> [Task instructions]: Below are entries; output exactly the lines from the one with "an_end = record" to the one with "bytes_of-text_of (a ∷", both included, and nothing else.

Record set Block Start

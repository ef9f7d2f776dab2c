-- ===== src/Flow/RunTests.antt =====
-- Runs of a step, and the theorems on them at concrete data.
use Prim.Native.Char.{Char, code}
use jardin.Base.{inr, ap, ℕ, String, Bool, true, false, none, List, [], ◌∷◌, ◌++◌, ◌≡◌, refl}
use jardin.Base.{string_eq, nat_eq, ◌=?◌, if◌then◌else◌}
use jardin.Base.Dict
use jardin.Base.Int.{pos}
use jardin.Base.Text.{has_text, has_prefix, cut_prefix}
use jardin.Flow.Types.{Step}
use jardin.Flow.Stream.{Bytes}
use jardin.Flow.Kept.{joined}
use jardin.Flow.Mirror.{rendered}
use jardin.Flow.Run.{
  Texts, Finished, Process, Execution, cut_entry, step_env_of, passed_on, own_entries, child_env,
  declared_values, is_secret_name, guessed_values, new_redactor, redact_bytes, run_step,
}
use jardin.Flow.Environment.{ArePlain, has_equals, values_of, expected_values, values_of-child_env}
use jardin.Flow.Steps.{
  held, declared_of, redact_of, shown, run_step-output, run_step-ephemeral, run_step-mirrored,
}

-- Every byte other than a newline reads as an x, as in a text that is all secret.
abbrev char_of : ℕ → Char
char_of b = if b =? 10 then "\n" else "x"

text_of : Bytes → String
text_of [] = String.[]
text_of (b ∷ bs) = String.◌∷◌ (char_of b) (text_of bs)

bytes_of : String → Bytes
bytes_of String.[] = []
bytes_of (String.◌∷◌ c s) = code c ∷ bytes_of s

abbrev texts : Texts
texts = record { to_upper = λ s. s; replace = λ values s. s; text = text_of; bytes = bytes_of }

abbrev a_step : Bool → Step
a_step ephemeral = record {
  name = "build";
  run = "make";
  env = ("MODE", "fast") ∷ ("MYCELIUM_TOKEN", "t0") ∷ [];
  needs = [];
  depends_on = none;
  ephemeral = ephemeral;
  secret = "MODE" ∷ [];
  type = "";
  with = [];
  timeout = pos 60;
  allow_failure = false;
}

abbrev base : List String
base = "PATH=/bin" ∷ "MYCELIUM_TOKEN=t1" ∷ "MODE=slow" ∷ "broken" ∷ []

abbrev an_end : Finished
an_end = record {
  out = (7 ∷ []) ∷ (10 ∷ 7 ∷ []) ∷ [];
  err = [];
  exit_code = pos 0;
  timed_out = false;
  started_at = 12;
}

abbrev process : Process
process step step_env env = inr an_end

abbrev execution : Execution
execution = record { resolved = []; secret = []; live = true }

run_step-output_example :
    (run_step texts base process (a_step false) execution).output
    ≡ held texts (a_step false) an_end (declared_of texts base (a_step false) execution)
run_step-output_example = run_step-output texts base process (a_step false) execution an_end refl

run_step-ephemeral_example :
    (shown texts (run_step texts base process (a_step true) execution) ≡ ([], [], "", ""))
    × ((run_step texts base process (a_step true) execution).output.ephemeral ≡ true)
run_step-ephemeral_example =
    run_step-ephemeral texts base process (a_step true) execution an_end refl refl

bytes_of-text_of :
    (as_ bs : Bytes)
    → bytes_of (text_of (as_ ++ (10 ∷ bs))) ≡ bytes_of (text_of as_) ++ (10 ∷ bytes_of (text_of bs))
unfolding bytes_of text_of nat_eq
bytes_of-text_of [] bs = refl
bytes_of-text_of (a ∷ as_) bs = ap (λ l. code (char_of a) ∷ l) (bytes_of-text_of as_ bs)

-- The environment of the step has a value that is declared secret, so its redactor is the replacer.
redacts : redact_of texts base (a_step false) execution ≡ (λ s. s)
unfolding new_redactor declared_values guessed_values is_secret_name step_env_of child_env passed_on
    own_entries cut_entry Dict.keys string_eq has_text has_prefix cut_prefix
redacts = refl

redacts-empty : redact_bytes texts (redact_of texts base (a_step false) execution) [] ≡ []
unfolding bytes_of text_of
redacts-empty = rw redacts refl

redacts-lines :
    (as_ bs : Bytes)
    → redact_bytes texts (redact_of texts base (a_step false) execution) (as_ ++ (10 ∷ bs))
      ≡ redact_bytes texts (redact_of texts base (a_step false) execution) as_
        ++ (10 ∷ redact_bytes texts (redact_of texts base (a_step false) execution) bs)
redacts-lines as_ bs = rw redacts (bytes_of-text_of as_ bs)

run_step-mirrored_example : (run_step texts base process (a_step false) execution).mirrored ≡ (
  rendered
      (bytes_of "[build] ")
      (redact_bytes texts (redact_of texts base (a_step false) execution))
      (joined an_end.out),
  rendered
      (bytes_of "[build! ")
      (redact_bytes texts (redact_of texts base (a_step false) execution))
      (joined an_end.err),
)
run_step-mirrored_example =
    run_step-mirrored texts base process (a_step false) execution an_end refl refl refl
      redacts-empty redacts-lines

plain_step_env : ArePlain (("MODE", "fast") ∷ ("MYCELIUM_TOKEN", "t0") ∷ [])
unfolding has_equals
plain_step_env = (refl, (refl, tt))

distinct_step_env :
    Dict.NodupKeys {K = String} {V = String} (("MODE", "fast") ∷ ("MYCELIUM_TOKEN", "t0") ∷ [])
unfolding Dict.lookup string_eq
distinct_step_env = (refl, (refl, tt))

values_of-child_env_example :
    values_of "MODE" (child_env base (("MODE", "fast") ∷ ("MYCELIUM_TOKEN", "t0") ∷ []))
    ≡ expected_values "MODE" base (("MODE", "fast") ∷ ("MYCELIUM_TOKEN", "t0") ∷ [])
values_of-child_env_example =
    values_of-child_env "MODE" base (("MODE", "fast") ∷ ("MYCELIUM_TOKEN", "t0") ∷ [])
      plain_step_env distinct_step_env

child_env-whole :
    child_env base (("MODE", "fast") ∷ ("MYCELIUM_TOKEN", "t0") ∷ [])
    ≡ "PATH=/bin" ∷ "MODE=fast" ∷ []
unfolding child_env passed_on own_entries cut_entry Dict.keys string_eq
child_env-whole = refl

Record set Block End

> [Output of the exercise]:
an_end = record {
  out = (7 ∷ []) ∷ (10 ∷ 7 ∷ []) ∷ [];
  err = [];
  exit_code = pos 0;
  timed_out = false;
  started_at = 12;
}

abbrev process : Process
process step step_env env = inr an_end

abbrev execution : Execution
execution = record { resolved = []; secret = []; live = true }

run_step-output_example :
    (run_step texts base process (a_step false) execution).output
    ≡ held texts (a_step false) an_end (declared_of texts base (a_step false) execution)
run_step-output_example = run_step-output texts base process (a_step false) execution an_end refl

run_step-ephemeral_example :
    (shown texts (run_step texts base process (a_step true) execution) ≡ ([], [], "", ""))
    × ((run_step texts base process (a_step true) execution).output.ephemeral ≡ true)
run_step-ephemeral_example =
    run_step-ephemeral texts base process (a_step true) execution an_end refl refl

bytes_of-text_of :
    (as_ bs : Bytes)
    → bytes_of (text_of (as_ ++ (10 ∷ bs))) ≡ bytes_of (text_of as_) ++ (10 ∷ bytes_of (text_of bs))
unfolding bytes_of text_of nat_eq
bytes_of-text_of [] bs = refl
bytes_of-text_of (a ∷ as_) bs = ap (λ l. code (char_of a) ∷ l) (bytes_of-text_of as_ bs)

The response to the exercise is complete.